'''
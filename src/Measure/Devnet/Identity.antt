-- ===== src/Measure/Devnet/Identity.antt =====
-- The identity program in scripts/measure-devnet-costs.ts: airdrops, initialisation, an agent and its
-- metadata.
use solana.Prelude.{ℕ, ◌*◌, [], ◌∷◌, Option, none, some, Bytes, Pubkey, key_bytes, ascii}
use solana.Script.{
  Script, State, Request, TransactionMeta, ◌>>=◌, ◌>>◌, done, call, send, return, attempt, text,
}
use solana.Costs.{CostData, measure_cost, lamports_per_sol}
use solana.Measure.{Setup, get_metadata_pda, get_master_edition_pda, address}

-- What the class keeps of the registered agent.
pub record Agent : Type 0 where
  pub agent_mint : Pubkey
  pub agent_pda : Pubkey
  pub agent_id : ℕ

module _ (s : Setup) where
  open s use {network, programs}

  abbrev pub Step : Type 0 → Type 0
  Step A = Script (State network.Net CostData) A

  -- `this.costs.push` of `measureCost`, where the transaction is found.
  unfoldable pub push_cost :
      Bytes → Option (Option TransactionMeta) → ℕ → Option ℕ → Step (Unit {0})
  push_cost operation tx accounts data_size state = done tt (record state {
    costs = measure_cost operation tx accounts data_size (s.date_now state.net) state.costs;
  })

  unfoldable pub measure : Bytes → Bytes → ℕ → Option ℕ → Step (Unit {0})
  measure operation tx_sig accounts data_size = do
    tx ← call (network.get_transaction tx_sig)
    push_cost operation tx accounts data_size

  -- An airdrop that fails is only printed.
  unfoldable pub request_airdrop : Pubkey → ℕ → Step (Unit {0})
  request_airdrop key amount =
      attempt
        (do
          sig ← call (network.request_airdrop key (amount * lamports_per_sol))
          call (network.confirm_transaction sig))
        (return tt)

  unfoldable pub setup : Step (Unit {0})
  setup = do
    request_airdrop s.authority 3
    request_airdrop s.agent_owner 2
    request_airdrop s.client 2
    request_airdrop s.validator 2

  abbrev pub config_pda : Pubkey
  config_pda = address s (ascii "config" ∷ []) programs.identity

  abbrev pub validation_config_pda : Pubkey
  validation_config_pda = address s (ascii "validation_config" ∷ []) programs.validation

  unfoldable pub initialize_identity : Request
  initialize_identity = record {
    program = programs.identity;
    method = ascii "initialize";
    arguments = [];
    accounts =
        (ascii "config", config_pda)
        ∷ (ascii "collectionMint", s.collection_mint)
        ∷ (ascii "collectionMetadata", get_metadata_pda s s.collection_mint)
        ∷ (ascii "collectionMasterEdition", get_master_edition_pda s s.collection_mint)
        ∷ (ascii "collectionTokenAccount", s.associated_address s.collection_mint s.authority)
        ∷ (ascii "authority", s.authority)
        ∷ (ascii "systemProgram", programs.system_program)
        ∷ (ascii "tokenProgram", programs.token_program)
        ∷ (ascii "associatedTokenProgram", programs.associated_token_program)
        ∷ (ascii "rent", programs.rent)
        ∷ (ascii "tokenMetadataProgram", programs.token_metadata_program)
        ∷ (ascii "sysvarInstructions", programs.sysvar_instructions)
        ∷ [];
    pre_instructions = [];
    signers = s.authority ∷ s.collection_mint ∷ [];
  }

  unfoldable pub initialize_validation : Request
  initialize_validation = record {
    program = programs.validation;
    method = ascii "initialize";
    arguments = [];
    accounts =
        (ascii "config", validation_config_pda)
        ∷ (ascii "identityRegistry", programs.identity)
        ∷ (ascii "authority", s.authority)
        ∷ (ascii "systemProgram", programs.system_program)
        ∷ [];
    pre_instructions = [];
    signers = s.authority ∷ [];
  }

  -- A registry that cannot be initialised may be initialised already.
  unfoldable pub initialize_registries : Step (Unit {0})
  initialize_registries = do
    attempt
        (do
          tx_sig ← send network.rpc initialize_identity
          measure (ascii "Identity Registry Initialize") tx_sig 7 none)
        (return tt)
    attempt
        (do
          tx_sig ← send network.rpc initialize_validation
          measure (ascii "Validation Registry Initialize") tx_sig 3 none)
        (return tt)

  abbrev pub agent_account : Pubkey
  agent_account = address s (ascii "agent" ∷ key_bytes s.agent_mint ∷ []) programs.identity

  -- `authority` and `collection` are read from the configuration.
  unfoldable pub register : Pubkey → Pubkey → Request
  register authority collection = record {
    program = programs.identity;
    method = ascii "register";
    arguments = text (ascii "ipfs://test-agent") ∷ [];
    accounts =
        (ascii "config", config_pda)
        ∷ (ascii "authority", authority)
        ∷ (ascii "agentAccount", agent_account)
        ∷ (ascii "agentMint", s.agent_mint)
        ∷ (ascii "agentMetadata", get_metadata_pda s s.agent_mint)
        ∷ (ascii "agentMasterEdition", get_master_edition_pda s s.agent_mint)
        ∷ (ascii "agentTokenAccount", s.associated_address s.agent_mint s.agent_owner)
        ∷ (ascii "collectionMint", collection)
        ∷ (ascii "collectionMetadata", get_metadata_pda s collection)
        ∷ (ascii "collectionMasterEdition", get_master_edition_pda s collection)
        ∷ (ascii "owner", s.agent_owner)
        ∷ (ascii "systemProgram", programs.system_program)
        ∷ (ascii "tokenProgram", programs.token_program)
        ∷ (ascii "associatedTokenProgram", programs.associated_token_program)
        ∷ (ascii "rent", programs.rent)
        ∷ (ascii "tokenMetadataProgram", programs.token_metadata_program)
        ∷ (ascii "sysvarInstructions", programs.sysvar_instructions)
        ∷ [];
    pre_instructions = [];
    signers = s.agent_mint ∷ s.agent_owner ∷ [];
  }

  -- The id is taken to be one that a number of JavaScript holds.
  unfoldable pub register_agent : Step Agent
  register_agent = do
    config ← call (network.fetch_registry_config config_pda)
    tx_sig ← send network.rpc (register config.authority config.collection_mint)
    measure (ascii "Register Agent") tx_sig 11 (some 200)
    agent_id ← call (network.fetch_agent_id agent_account)
    return (record { agent_mint = s.agent_mint; agent_pda = agent_account; agent_id = agent_id })

  unfoldable pub metadata_request : Agent → Request
  metadata_request agent = record {
    program = programs.identity;
    method = ascii "setMetadata";
    arguments = text (ascii "name") ∷ text (ascii "Test Agent") ∷ [];
    accounts =
        (ascii "agentAccount", agent.agent_pda)
        ∷ (ascii "agentMint", agent.agent_mint)
        ∷ (ascii "agentTokenAccount", s.associated_address agent.agent_mint s.agent_owner)
        ∷ (ascii "owner", s.agent_owner)
        ∷ (ascii "tokenProgram", programs.token_program)
        ∷ [];
    pre_instructions = [];
    signers = s.agent_owner ∷ [];
  }

  unfoldable pub set_metadata : Agent → Step (Unit {0})
  set_metadata agent = do
    tx_sig ← send network.rpc (metadata_request agent)
    measure (ascii "Set Metadata") tx_sig 3 (some 64)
'''
Referring to the material above, set down exactly the lines between the line with "Bytes → Option" and the line with "unfoldable pub measure", inclusive, and no other lines.

*Written answer*:
      Bytes → Option (Option TransactionMeta) → ℕ → Option ℕ → Step (Unit {0})
  push_cost operation tx accounts data_size state = done tt (record state {
    costs = measure_cost operation tx accounts data_size (s.date_now state.net) state.costs;
  })

  unfoldable pub measure : Bytes → Bytes → ℕ → Option ℕ → Step (Unit {0})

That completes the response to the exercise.